Once the vast majority of people stop commuting long distances to work and school, it's very likely that cars (as we know them) will become as common in cities as, say, horses. If you work 2 or 3 miles from where you live, and cars have been outlawed for most people, even in the middle of winter in Prince Albert in Canada or Irkutsk in Siberia, one could simply get into something like a fully enclosed, heated, pedelec velomobile with spiked tires and go to work.
This vehicle wouldn't be some ridiculously overengineered self-driving car like we see them today, but rather could be easily guided by computers placed every 25 feet along the roadway that communicate with each velomobile's onboard navigation and braking system.
Therefore, there'd be no need for mom to take the kids to school. Kids, even as young as 5 years old, could go on their own. Of course the vehicles would have video cameras built in, so that mom (or school employees dubbed "commuting monitors") could monitor/talk with her children as they commute to school.
I suppose the amount of energy needed to power such vehicles for would be, perhaps, 90% less than current conventional electric cars.

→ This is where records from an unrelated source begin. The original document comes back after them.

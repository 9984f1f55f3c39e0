-- ===== src/Authorization/Actions.antt =====
-- src/authorization.ts: the actions, as their texts, and the vocabularies that grew by them.
use agent_task_orchestrator.Base.{
  Text, ℕ, Bool, List, [], ◌∷◌, ◌++◌, map, text, if◌then◌else◌, ◌==◌, includes,
}

unfoldable pub base_authorization_actions : List Text
base_authorization_actions = map text (
    "authorization.grant.issue" ∷ "authorization.grant.inspect" ∷ "authorization.grant.revoke"
    ∷ "policy.evaluate" ∷ "project.register" ∷ "project.update" ∷ "project.disable"
    ∷ "project.inspect" ∷ "task.create" ∷ "task.update" ∷ "task.mark_ready" ∷ "task.cancel"
    ∷ "task.inspect" ∷ "dependency.add" ∷ "dependency.remove" ∷ "authorization.grant.list"
    ∷ "runtime.status" ∷ "runtime.backup" ∷ "runtime.restore" ∷ [])

unfoldable pub execution_authorization_actions : List Text
execution_authorization_actions = map text (
    "execution.claim" ∷ "execution.claim.inspect" ∷ "execution.lease.renew"
    ∷ "execution.lease.takeover" ∷ [])

unfoldable pub claim_authorization_actions : List Text
unfolding base_authorization_actions execution_authorization_actions
claim_authorization_actions = base_authorization_actions ++ execution_authorization_actions

unfoldable pub manual_execution_authorization_actions : List Text
manual_execution_authorization_actions = map text (
    "execution.start" ∷ "execution.inspect" ∷ "execution.resume" ∷ "execution.retry"
    ∷ "execution.cancel" ∷ "execution.completion.accept" ∷ [])

unfoldable pub manual_authorization_actions : List Text
unfolding claim_authorization_actions manual_execution_authorization_actions
manual_authorization_actions = claim_authorization_actions ++ manual_execution_authorization_actions

unfoldable pub dispatch_authorization_actions : List Text
dispatch_authorization_actions = map text ("dispatch.run" ∷ [])

unfoldable pub dispatcher_authorization_actions : List Text
unfolding manual_authorization_actions dispatch_authorization_actions
dispatcher_authorization_actions = manual_authorization_actions ++ dispatch_authorization_actions

unfoldable pub workspace_authorization_actions : List Text
workspace_authorization_actions = map text (
    "workspace.reserve" ∷ "workspace.create" ∷ "workspace.inspect" ∷ "workspace.recover"
    ∷ "workspace.cleanup" ∷ [])

unfoldable pub completion_integration_authorization_actions : List Text
completion_integration_authorization_actions = map text (
    "completion.gate.run" ∷ "completion.gate.inspect" ∷ "completion.gate.cancel"
    ∷ "completion.accept" ∷ "integration.reserve" ∷ "integration.inspect"
    ∷ "integration.lease.renew" ∷ "integration.lease.takeover" ∷ "integration.apply"
    ∷ "integration.push" ∷ "integration.recover" ∷ "integration.release" ∷ [])

unfoldable pub workspace_stage_authorization_actions : List Text
unfolding dispatcher_authorization_actions workspace_authorization_actions
workspace_stage_authorization_actions =
    dispatcher_authorization_actions ++ workspace_authorization_actions

unfoldable pub phase3_authorization_actions : List Text
unfolding workspace_stage_authorization_actions completion_integration_authorization_actions
phase3_authorization_actions =
    workspace_stage_authorization_actions ++ completion_integration_authorization_actions

unfoldable pub scheduler_authorization_actions : List Text
scheduler_authorization_actions =
    map text ("scheduler.register" ∷ "scheduler.inspect" ∷ "scheduler.remove" ∷ [])

unfoldable pub scheduler_stage_authorization_actions : List Text
unfolding phase3_authorization_actions scheduler_authorization_actions
scheduler_stage_authorization_actions =
    phase3_authorization_actions ++ scheduler_authorization_actions

unfoldable pub codex_authorization_actions : List Text
codex_authorization_actions = map text (
    "codex.profile.activate" ∷ "codex.profile.inspect" ∷ "codex.profile.deactivate"
    ∷ "codex.execution.invoke" ∷ "codex.execution.cancel" ∷ [])

unfoldable pub authorization_actions : List Text
unfolding scheduler_stage_authorization_actions codex_authorization_actions
authorization_actions = scheduler_stage_authorization_actions ++ codex_authorization_actions

unfoldable pub high_risk_actions : List Text
high_risk_actions = map text (
    "authorization.grant.issue" ∷ "authorization.grant.revoke" ∷ "project.register"
    ∷ "project.update" ∷ "project.disable" ∷ "runtime.restore" ∷ "execution.completion.accept"
    ∷ "completion.accept" ∷ "integration.apply" ∷ "integration.push" ∷ "workspace.cleanup"
    ∷ "scheduler.register" ∷ "scheduler.remove" ∷ "codex.profile.activate"
    ∷ "codex.profile.deactivate" ∷ "codex.execution.invoke" ∷ [])

-- `actionsForVocabulary`, for a version from 1 to 8.
unfoldable pub actions_for_vocabulary : ℕ → List Text
actions_for_vocabulary version =
    if version == 1
    then base_authorization_actions
    else if version == 2
    then claim_authorization_actions
    else if version == 3
    then manual_authorization_actions
    else if version == 4
    then dispatcher_authorization_actions
    else if version == 5
    then workspace_stage_authorization_actions
    else if version == 6
    then phase3_authorization_actions
    else if version == 7
    then scheduler_stage_authorization_actions
    else authorization_actions

-- `isHighRiskAction`
unfoldable pub is_high_risk_action : Text → Bool
unfolding high_risk_actions includes
is_high_risk_action action = includes high_risk_actions action
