-- ===== src/Authorization/Grants.antt =====
-- src/authorization.ts: grants and their scopes, and how they are read.
use agent_task_orchestrator.Base.{
  Text, ℕ, Bool, true, false, ◌&&◌, List, [], ◌∷◌, Option, none, some, same, before, ◌==◌, ◌||◌,
}
use agent_task_orchestrator.Domain.Value.{Value, get, is_constant, is_null}
use agent_task_orchestrator.Reader.{
  ◌>>=◌, ◌>>◌, check, Dates, exact_record, short_identifier, domain_identifier, revision, timestamp,
  or_null_by, one_of,
}
use agent_task_orchestrator.Authorization.Actions.{authorization_actions}

pub data ScopeKind : Type 0 where
  runtime project : ScopeKind

pub record AuthorizationScope : Type 0 where
  pub kind : ScopeKind
  pub project_id : Option Text
  pub resource_revision : Option ℕ
  pub config_revision : Option ℕ

pub record AuthorizationGrant : Type 0 where
  pub grant_id : Text
  pub revision : ℕ
  pub actor_id : Text
  pub action : Text
  pub scope : AuthorizationScope
  pub not_before : Text
  pub expires_at : Text
  pub revoked_at : Option Text
  pub issuer_grant_id : Option Text
  pub source_grant_id : Option Text

pub record AuthorizationTarget : Type 0 where
  pub project_id : Option Text
  pub resource_revision : Option ℕ
  pub config_revision : Option ℕ

abbrev pub runtime_scope : AuthorizationScope
runtime_scope = record {
  kind = ScopeKind.runtime;
  project_id = none;
  resource_revision = none;
  config_revision = none;
}

-- The scope of a Project at its two revisions.
abbrev pub project_scope : Text → ℕ → ℕ → AuthorizationScope
project_scope id resource config = record {
  kind = ScopeKind.project;
  project_id = some id;
  resource_revision = some resource;
  config_revision = some config;
}

-- The two branches of `parseScope`.
abbrev scope_of_runtime : Value → Value → Value → Option AuthorizationScope
scope_of_runtime id resource config = do
  check (is_null id && is_null resource && is_null config)
  some runtime_scope

abbrev scope_of_project : Value → Value → Value → Option AuthorizationScope
scope_of_project id resource config = do
  project_id ← domain_identifier id
  resource_revision ← revision resource
  config_revision ← revision config
  some (project_scope project_id resource_revision config_revision)

unfoldable pub scope_from : Value → Value → Value → Value → Option AuthorizationScope
scope_from kind id resource config = elim (is_constant kind "runtime") [
  | true ↦ scope_of_runtime id resource config
  | false ↦ elim (is_constant kind "project") [
    | true ↦ scope_of_project id resource config
    | false ↦ none
  ]
]

-- `parseScope`
unfoldable pub parse_scope : Value → Option AuthorizationScope
unfolding scope_from
parse_scope v = do
  r ← exact_record v ("kind" ∷ "projectId" ∷ "resourceRevision" ∷ "configRevision" ∷ [])
  scope_from (get r "kind") (get r "projectId") (get r "resourceRevision") (get r "configRevision")

-- `isAuthorizationAction`
unfoldable pub authorization_action : Value → Option Text
authorization_action v = one_of authorization_actions v

-- `parseAuthorizationGrant` over the values of the fields.
unfoldable pub grant_from :
    ⦃d : Dates⦄
    → Value
    → Value
    → Value
    → Value
    → Value
    → Value
    → Value
    → Value
    → Value
    → Value
    → Option AuthorizationGrant
grant_from v1 v2 v3 v4 v5 v6 v7 v8 v9 v10 = do
  scope ← parse_scope v5
  grant_id ← short_identifier v1
  number ← revision v2
  actor_id ← short_identifier v3
  action ← authorization_action v4
  not_before ← timestamp v6
  expires_at ← timestamp v7
  revoked_at ← or_null_by timestamp v8
  issuer_grant_id ← or_null_by short_identifier v9
  source_grant_id ← or_null_by short_identifier v10
  check (before not_before expires_at)
  some (record {
    grant_id = grant_id;
    revision = number;
    actor_id = actor_id;
    action = action;
    scope = scope;
    not_before = not_before;
    expires_at = expires_at;
    revoked_at = revoked_at;
    issuer_grant_id = issuer_grant_id;
    source_grant_id = source_grant_id;
  })

-- `parseAuthorizationGrant`
unfoldable pub parse_authorization_grant : ⦃d : Dates⦄ → Value → Option AuthorizationGrant
unfolding grant_from
parse_authorization_grant v = do
  r ← exact_record v (
      "grantId" ∷ "revision" ∷ "actorId" ∷ "action" ∷ "scope" ∷ "notBefore" ∷ "expiresAt"
      ∷ "revokedAt" ∷ "issuerGrantId" ∷ "sourceGrantId" ∷ [])
  grant_from (get r "grantId") (get r "revision") (get r "actorId") (get r "action") (get r "scope")
      (get r "notBefore") (get r "expiresAt") (get r "revokedAt") (get r "issuerGrantId")
      (get r "sourceGrantId")

-- `grants.map(parseAuthorizationGrant)`, which must hold no `null`.
unfoldable pub parse_grants : ⦃d : Dates⦄ → List Value → Option (List AuthorizationGrant)
parse_grants [] = some []
parse_grants (v ∷ vs) = do g ← parse_authorization_grant v; gs ← parse_grants vs; some (g ∷ gs)

-- `===` between values that may be `null`.
unfoldable pub same_text_or_null : Option Text → Option Text → Bool
same_text_or_null none none = true
same_text_or_null (some a) (some b) = same a b
same_text_or_null _ _ = false

unfoldable pub same_number_or_null : Option ℕ → Option ℕ → Bool
same_number_or_null none none = true
same_number_or_null (some a) (some b) = a == b
same_number_or_null _ _ = false

abbrev pub is_runtime : ScopeKind → Bool
is_runtime ScopeKind.runtime = true
is_runtime ScopeKind.project = false

-- `scopeMatches`
unfoldable pub scope_matches : AuthorizationScope → AuthorizationTarget → Bool
unfolding same_text_or_null same_number_or_null
scope_matches scope target =
    is_runtime scope.kind
    || (same_text_or_null target.project_id scope.project_id
        && same_number_or_null target.resource_revision scope.resource_revision
        && same_number_or_null target.config_revision scope.config_revision)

Perhaps compressed air (and people, gasp, actually peddling) might be used instead of hydrogen or batteries. Regardless of the energy source used, not much would be used (compared to current conventional cars) because commute distances would be shorter and vehicles would be much lighter than current conventional cars.
All of the above would apply when vehicles were actually needed. Much of the time I imagine people would, believe it or not, gasp, walk to and from work or school. Imagine that. People actually walking to and fro in a city.